By default, the most standard operations in VRE Language are performed locally on default resources. These are interactive nodes, and are typically evaluated via one process and one thread on one core. Evaluation of interactive nodes can be achieved using either texts script in instant, deferred and workflow modes, or texts session in workflow mode. Since they do not require HPC resources, evaluation can be performed in a local shell, or JupyterLab session. If a database is properly set up, any state updates and output data will be added to the workflow, and will be accessible via the model’s UUID.

The so-called batch nodes, rely on non-local computing resources.
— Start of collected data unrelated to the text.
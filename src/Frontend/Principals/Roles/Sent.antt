-- ===== src/Frontend/Principals/Roles/Sent.antt =====
-- Every request of the roles tab is one that the server's schemas accept, but for the owner role of a
-- service account, which the forms offer and the server refuses.
use monok8s.Prelude.{
  ◌≡◌, refl, inl, inr, Bool, true, false, Bool-cases, not, ◌&&◌, All, Option, none, some, List, [],
  ◌∷◌, Text, lit, if◌then◌else◌,
}
use monok8s.Auth.Roles.{TenantRole, user, principal_type_name}
use monok8s.Api.Principals.Roles.{Principal}
use monok8s.Api.Router.{
  Mutation, assign, unassign, change, accepts, is_owner, is_account, same_role,
}
use monok8s.Api.Router.Schemas.{accepts_mutation, accepts_principal}
use monok8s.Frontend.Principals.{
  Validated, valid, invalid, matches_uuid, validate_roles_form, validate_change_role_form,
}
use monok8s.Frontend.Principals.Forms.{validate_roles_form-accepted}
use monok8s.Frontend.Principals.Handlers.Tracking.{Tracks, on_mutated-Tracks, on_refetched-Tracks}
use monok8s.Frontend.Principals.Handlers.{Signals}
use monok8s.Frontend.Principals.Roles.{
  Roles, opened, Event, type_id, pick_type, pick_role, pick_old, pick_new, pick_expand, lookup,
  clear, submit_assign, submit_change, expand, expand_clear, click_unassign, remount, mutated,
  refetched, looked_up, send, assigned, unassigned, changed_to, changed, on_event, run,
}

-- The request makes a service account the owner, or no longer the owner.
abbrev pub owner_of_account : Mutation → Bool
owner_of_account (assign p role) = is_owner role && is_account p.type
owner_of_account (unassign p role) = is_owner role && is_account p.type
owner_of_account (change p old_role new_role) = is_owner new_role && is_account p.type
owner_of_account _ = false

module _ (is_uuid : Text → Bool)
    (uuids : (t : Text) → matches_uuid t ≡ true → is_uuid t ≡ true) where
  -- The server accepts the request just where it is not about a service account as owner.
  abbrev pub IsJudged : Mutation → Type 0
  IsJudged m = accepts_mutation is_uuid m ≡ not (owner_of_account m)

  abbrev pub HasUuid : Option Principal → Type 0
  HasUuid none = Unit
  HasUuid (some p) = accepts_principal is_uuid p ≡ true

  pub record Sound (actions : Signals) (selected : Option Principal) (sent : List Mutation)
      : Type 0 where
    pub tracked : Tracks actions
    pub picked : HasUuid selected
    pub judged : All IsJudged sent

  abbrev pub IsSound : Roles → Type 0
  IsSound s = Sound s.actions s.selected s.sent

  guarded : (b : Bool) (s t : Roles) → IsSound s → IsSound t → IsSound (if b then s else t)
  guarded true s t i j = i
  guarded false s t i j = j

  looked_up-IsSound :
      (r : Validated Principal) (s : Roles)
      → ((p : Principal) → r ≡ valid p → accepts_principal is_uuid p ≡ true)
      → IsSound s
      → IsSound (looked_up r s)
  looked_up-IsSound (invalid e) s h i = record {
    tracked = i.tracked;
    picked = tt;
    judged = i.judged;
  }
  looked_up-IsSound (valid p) s h i = record {
    tracked = i.tracked;
    picked = h p refl;
    judged = i.judged;
  }

  send-IsSound : (m : Mutation) (s : Roles) → IsJudged m → IsSound s → IsSound (send m s)
  send-IsSound m s j i = record { tracked = refl; picked = i.picked; judged = (j, i.judged) }

  assigned-IsSound :
      (o : Option Principal) (s : Roles) → HasUuid o → IsSound s → IsSound (assigned o s)
  unfolding accepts_mutation accepts
  assigned-IsSound none s u i = i
  assigned-IsSound (some p) s u i = send-IsSound (assign p s.role) s (rw u refl) i

  unassigned-IsSound :
      (o : Option Principal) (role : TenantRole) (s : Roles)
      → HasUuid o
      → IsSound s
      → IsSound (unassigned o role s)
  unfolding accepts_mutation accepts
  unassigned-IsSound none role s u i = i
  unassigned-IsSound (some p) role s u i = send-IsSound (unassign p role) s (rw u refl) i

  changed_to-IsSound :
      (p : Principal) (a b : TenantRole) (s : Roles)
      → accepts_principal is_uuid p ≡ true
      → IsSound s
      → IsSound (changed_to p (validate_change_role_form a b) s)
  unfolding validate_change_role_form accepts_mutation accepts
  changed_to-IsSound p a b s u i = elim (Bool-cases (same_role a b)) [
    | inl e ↦ rw e i
    | inr e ↦ rw e (send-IsSound (change p a b) s (rw (u, e) refl) i)
  ]

  changed-IsSound :
      (o : Option Principal) (s : Roles) → HasUuid o → IsSound s → IsSound (changed o s)
  changed-IsSound none s u i = i
  changed-IsSound (some p) s u i = changed_to-IsSound p s.old_role s.new_role s u i

  on_event-IsSound : (e : Event) (s : Roles) → IsSound s → IsSound (on_event e s)
  unfolding on_event
  on_event-IsSound (type_id t) s i = guarded s.actions.pending s (record s { id = t }) i i
  on_event-IsSound (pick_type t) s i = guarded s.actions.pending s (record s { type = t }) i i
  on_event-IsSound (pick_role r) s i = guarded s.actions.pending s (record s { role = r }) i i
  on_event-IsSound (pick_old r) s i = guarded s.actions.pending s (record s { old_role = r }) i i
  on_event-IsSound (pick_new r) s i = guarded s.actions.pending s (record s { new_role = r }) i i
  on_event-IsSound (pick_expand r) s i = i
  on_event-IsSound lookup s i =
      let form = validate_roles_form s.id (lit (principal_type_name s.type)) in
      guarded s.actions.pending s (looked_up form s) i (
        looked_up-IsSound form s
          (validate_roles_form-accepted is_uuid uuids s.id (lit (principal_type_name s.type))) i)
  on_event-IsSound clear s i =
      guarded s.actions.pending s
        (record s { client_error = none; id = []; type = user; selected = none }) i
        (record { tracked = i.tracked; picked = tt; judged = i.judged })
  on_event-IsSound submit_assign s i =
      guarded s.actions.pending s (assigned s.selected s) i
        (assigned-IsSound s.selected s i.picked i)
  on_event-IsSound submit_change s i =
      guarded s.actions.pending s (changed s.selected s) i (changed-IsSound s.selected s i.picked i)
  on_event-IsSound expand s i = i
  on_event-IsSound expand_clear s i = i
  on_event-IsSound (click_unassign r) s i =
      guarded s.actions.pending s (unassigned s.selected r s) i
        (unassigned-IsSound s.selected r s i.picked i)
  on_event-IsSound remount s i = i
  on_event-IsSound (mutated a) s i = record {
    tracked = on_mutated-Tracks true s.actions.stage a s.actions refl i.tracked;
    picked = i.picked;
    judged = i.judged;
  }
  on_event-IsSound (refetched a) s i = record {
    tracked = on_refetched-Tracks s.actions.stage a s.actions refl i.tracked;
    picked = i.picked;
    judged = i.judged;
  }

  run-keeps : (es : List Event) (s : Roles) → IsSound s → IsSound (run es s)
  unfolding run
  run-keeps [] s i = i
  run-keeps (e ∷ es) s i = run-keeps es (on_event e s) (on_event-IsSound e s i)

  -- Whatever the user types and clicks, however the server's answers fall among that: of the requests that
  -- the roles tab has sent, the server's schemas accept each one, but for those about a service account as
  -- owner, which they refuse; and the flag `pending` is set just while a mutation or the refetch after it
  -- is in flight. zod's test of UUIDs takes every text that the client's expression takes.
  pub run-IsJudged : (es : List Event) → IsSound (run es opened)
  run-IsJudged es = run-keeps es opened (record { tracked = refl; picked = tt; judged = tt })
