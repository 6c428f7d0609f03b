-- ===== src/Gdb/Cmdline.antt =====
-- The command line of `vRun` in `GDB::handle_v_packet`, main/gdb_main.cpp, and how much of the array
-- `cmdline` it takes.
use blackmagic_espidf.Base.{
  ℕ, zero, suc, ◌+◌, ◌≤◌, ◌<◌, ◌≡◌, ◌≢◌, refl, ◌∙◌, ap, Bool, true, false, ◌&&◌, ◌||◌, none, some,
  List, [], ◌∷◌, ◌++◌, length, length-append, replicate, leb, ltb, ◌==◌, if◌then◌else◌, Bool-cases,
  inl, inr, arith,
}
use blackmagic_espidf.Base.Text.{hex_value}
use blackmagic_espidf.Packet.Encode.{c_string}

-- `sizeof(cmdline)`.
abbrev pub cmdline_length : ℕ
cmdline_length = 83

abbrev pub is_xdigit : ℕ → Bool
is_xdigit c = elim (hex_value c) [ none ↦ false | some d ↦ true ]

-- What a decoded character puts into the array, from `pbuf` on.
abbrev pub quoted : ℕ → List ℕ
quoted b = if b == b' ' || b == b'\\' then b'\\' ∷ b ∷ [] else b ∷ []

-- The loop, from `tok` on, with `cmdline[0 .. pbuf)`; `unhexify a b` is the byte of two digits. The
-- test at its head measures with `strlen`.
unfoldable pub decode : (unhexify : ℕ → ℕ → ℕ) → List ℕ → (cmdline : List ℕ) → List ℕ
decode unhexify [] cmdline = cmdline
decode unhexify (a ∷ []) cmdline =
    if a == b';' && ltb (length (c_string cmdline) + 3) cmdline_length
    then cmdline ++ b' ' ∷ []
    else cmdline
decode unhexify (a ∷ b ∷ tok) cmdline =
    let skip = decode unhexify (b ∷ tok) (cmdline ++ b' ' ∷ []) in
    let next = decode unhexify tok (cmdline ++ quoted (unhexify a b)) in
    if leb cmdline_length (length (c_string cmdline) + 3)
    then cmdline
    else if a == 0
    then cmdline
    else if a == b';'
    then skip
    else if is_xdigit a && is_xdigit b
    then next
    else cmdline

-- The command line of `vRun`: `tok` is what stands behind the word.
abbrev pub run_cmdline : (ℕ → ℕ → ℕ) → List ℕ → List ℕ
run_cmdline unhexify [] = []
run_cmdline unhexify (c ∷ tok) =
    if c == b';' then decode unhexify tok [] else decode unhexify (c ∷ tok) []

abbrev pub NoZero : List ℕ → Type 0
NoZero [] = Unit
NoZero (c ∷ cs) = (c ≢ 0) × NoZero cs

NoZero-append : (xs ys : List ℕ) → NoZero xs → NoZero ys → NoZero (xs ++ ys)
NoZero-append [] ys h h' = h'
NoZero-append (x ∷ xs) ys h h' = (h.0, NoZero-append xs ys h.1 h')

c_string-whole : (xs : List ℕ) → NoZero xs → c_string xs ≡ xs
unfolding c_string
c_string-whole [] h = refl
c_string-whole (x ∷ xs) h = ground (arith, c_string-whole xs h.1)

quoted-NoZero : (b : ℕ) → b ≢ 0 → NoZero (quoted b)
quoted-NoZero b h = ground arith

quoted-short : (b : ℕ) → length (quoted b) ≤ 2
quoted-short b = ground arith

-- No two characters in a row stand for a zero.
abbrev pub NoZeroPair : (ℕ → ℕ → ℕ) → List ℕ → Type 0
NoZeroPair unhexify [] = Unit
NoZeroPair unhexify (a ∷ []) = Unit
NoZeroPair unhexify (a ∷ b ∷ tok) = (unhexify a b ≢ 0) × NoZeroPair unhexify (b ∷ tok)

NoZeroPair-tail :
    (unhexify : ℕ → ℕ → ℕ) (a : ℕ) (tok : List ℕ)
    → NoZeroPair unhexify (a ∷ tok)
    → NoZeroPair unhexify tok
NoZeroPair-tail unhexify a [] h = tt
NoZeroPair-tail unhexify a (b ∷ tok) h = h.1

-- The test of the loop leaves room for two characters and the zero behind them.
room_of_test :
    (cmdline : List ℕ)
    → NoZero cmdline
    → leb cmdline_length (length (c_string cmdline) + 3) ≡ false
    → length cmdline + 3 < cmdline_length
room_of_test cmdline nz h = ground (arith, ap length (c_string-whole cmdline nz))

decode-fits :
    (unhexify : ℕ → ℕ → ℕ) (tok cmdline : List ℕ)
    → NoZeroPair unhexify tok
    → NoZero cmdline
    → length cmdline < cmdline_length
    → length (decode unhexify tok cmdline) < cmdline_length
unfolding decode
decode-fits u [] cmdline pairs nz short = short
decode-fits u (a ∷ []) cmdline pairs nz short =
    ground (arith, ap length (c_string-whole cmdline nz), length-append {0} cmdline (b' ' ∷ []))
decode-fits u (a ∷ b ∷ tok) cmdline pairs nz short =
    elim (Bool-cases (leb cmdline_length (length (c_string cmdline) + 3))) [
      | inl full ↦ rw full short
      | inr room ↦
          let space : length cmdline + 3 < cmdline_length = room_of_test cmdline nz room in
          rw room (
            by_char _ _
              (decode-fits u (b ∷ tok) (cmdline ++ b' ' ∷ []) pairs.1
                (NoZero-append cmdline (b' ' ∷ []) nz (omega arith))
                (omega (arith, length-append {0} cmdline (b' ' ∷ []))))
              (decode-fits u tok (cmdline ++ quoted (u a b)) (NoZeroPair-tail u b tok pairs.1)
                (NoZero-append cmdline (quoted (u a b)) nz (quoted-NoZero (u a b) pairs.0))
                (omega (arith, length-append {0} cmdline (quoted (u a b)), quoted-short (u a b)))))
    ]
  where
    by_char :
        (skip next : List ℕ)
        → length skip < cmdline_length
        → length next < cmdline_length
        → length (
            if a == 0
            then cmdline
            else if a == b';'
            then skip
            else if is_xdigit a && is_xdigit b
            then next
            else cmdline)
          < cmdline_length
    by_char skip next skips nexts = ground arith

-- The command line of `vRun` and the zero behind it fit the array, if no two characters of the
-- packet stand for a zero byte: it has 82 characters at most.
pub run_cmdline-fits :
    (unhexify : ℕ → ℕ → ℕ) (tok : List ℕ)
    → NoZeroPair unhexify tok
    → length (run_cmdline unhexify tok) < cmdline_length
run_cmdline-fits u [] pairs = omega arith
run_cmdline-fits u (c ∷ tok) pairs =
    by_char _ _ (decode-fits u tok [] (NoZeroPair-tail u c tok pairs) tt (omega arith))
      (decode-fits u (c ∷ tok) [] pairs tt (omega arith))
  where
    by_char :
        (x y : List ℕ)
        → length x < cmdline_length
        → length y < cmdline_length
        → length (if c == b';' then x else y) < cmdline_length
    by_char x y h h' = ground arith

-- `n` pairs of the digit 0.
abbrev pub zero_pairs : ℕ → List ℕ
zero_pairs zero = []
zero_pairs (suc n) = b'0' ∷ b'0' ∷ zero_pairs n

c_string-zeros : (k : ℕ) → c_string (replicate k 0) ≡ []
unfolding c_string
c_string-zeros zero = refl
c_string-zeros (suc k) = refl

zeros-snoc : (k : ℕ) → ◌++◌ {A = ℕ} (replicate k 0) (0 ∷ []) ≡ replicate (suc k) 0
zeros-snoc zero = refl
zeros-snoc (suc k) = ap (λ l. 0 ∷ l) (zeros-snoc k)

decode-zeros :
    (u : ℕ → ℕ → ℕ)
    → u b'0' b'0' ≡ 0
    → (n k : ℕ) → decode u (zero_pairs n) (replicate k 0) ≡ replicate (n + k) 0
unfolding decode
decode-zeros u z zero k = ap (λ i. replicate i 0) (omega arith)
decode-zeros u z (suc n) k =
    let e : n + suc k ≡ suc n + k = omega arith in
    rw (c_string-zeros k, z, zeros-snoc k) (decode-zeros u z n (suc k) ∙ ap (λ i. replicate i 0) e)

-- Pairs of digits that stand for zero bytes are not counted: a `vRun` with `n` pairs `00` writes `n`
-- bytes from the start of the array, whatever `n` is, though the array has 83.
pub run_cmdline-zeros :
    (unhexify : ℕ → ℕ → ℕ) (n : ℕ)
    → unhexify b'0' b'0' ≡ 0
    → run_cmdline unhexify (zero_pairs n) ≡ replicate n 0
run_cmdline-zeros u zero z = refl
run_cmdline-zeros u (suc n) z =
    let e : suc n + 0 ≡ suc n = omega arith in
    decode-zeros u z (suc n) 0 ∙ ap (λ i. replicate i 0) e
These can involve different hardware architectures, software stacks, and queues. The SCL allows specification of these resources via resource annotations. This simple approach enables seamless evaluation of particular statements employing HPC resources. The evaluation of batch nodes is limited to workflow evaluation mode, and can only be performed within HPC clusters that employ scheduling systems such as Slurm. If the resources are not available the interpreter will print an error message indicating “resource exceeds limits” at execution or evaluation times. More details about the use of computational resources for evaluation can be found in here.

Next steps

Learning more

You can continue reading the comprehensive documentation, topic by topic.

Productive use of VRE Language

You can use the comprehensive dicumentation for future reference and features or details that have not been covered in this tutorial. For details about the interpreter, processing modes, and other technical aspects please consult the tools documentation.

Set up a MongoDB database

VRE Language uses FireWorks as workflow management system, which in turn is based on MongoDB database for model persistence. This means that the model will continue to exist in the database, and will be accessible, even after completing its processing. Persistence is achieved only when the interpreter processes a model in workflow evaluation mode.

In this quick-start tutorial, a local file was used to replace the real MongoDB database in order to speedup the setup, and more focus on learning. This local database feature is recommended only for testing and learning purposes. For production purposes, such as using VRE Language on a computing cluster, in the cloud etc., you will have to set up a MongoDB database. Therefore, you need to run a local MongoDB instance or use a MongoDB service from your computing center or some cloud provider. For detailed instructions, see e.g. this installation guide.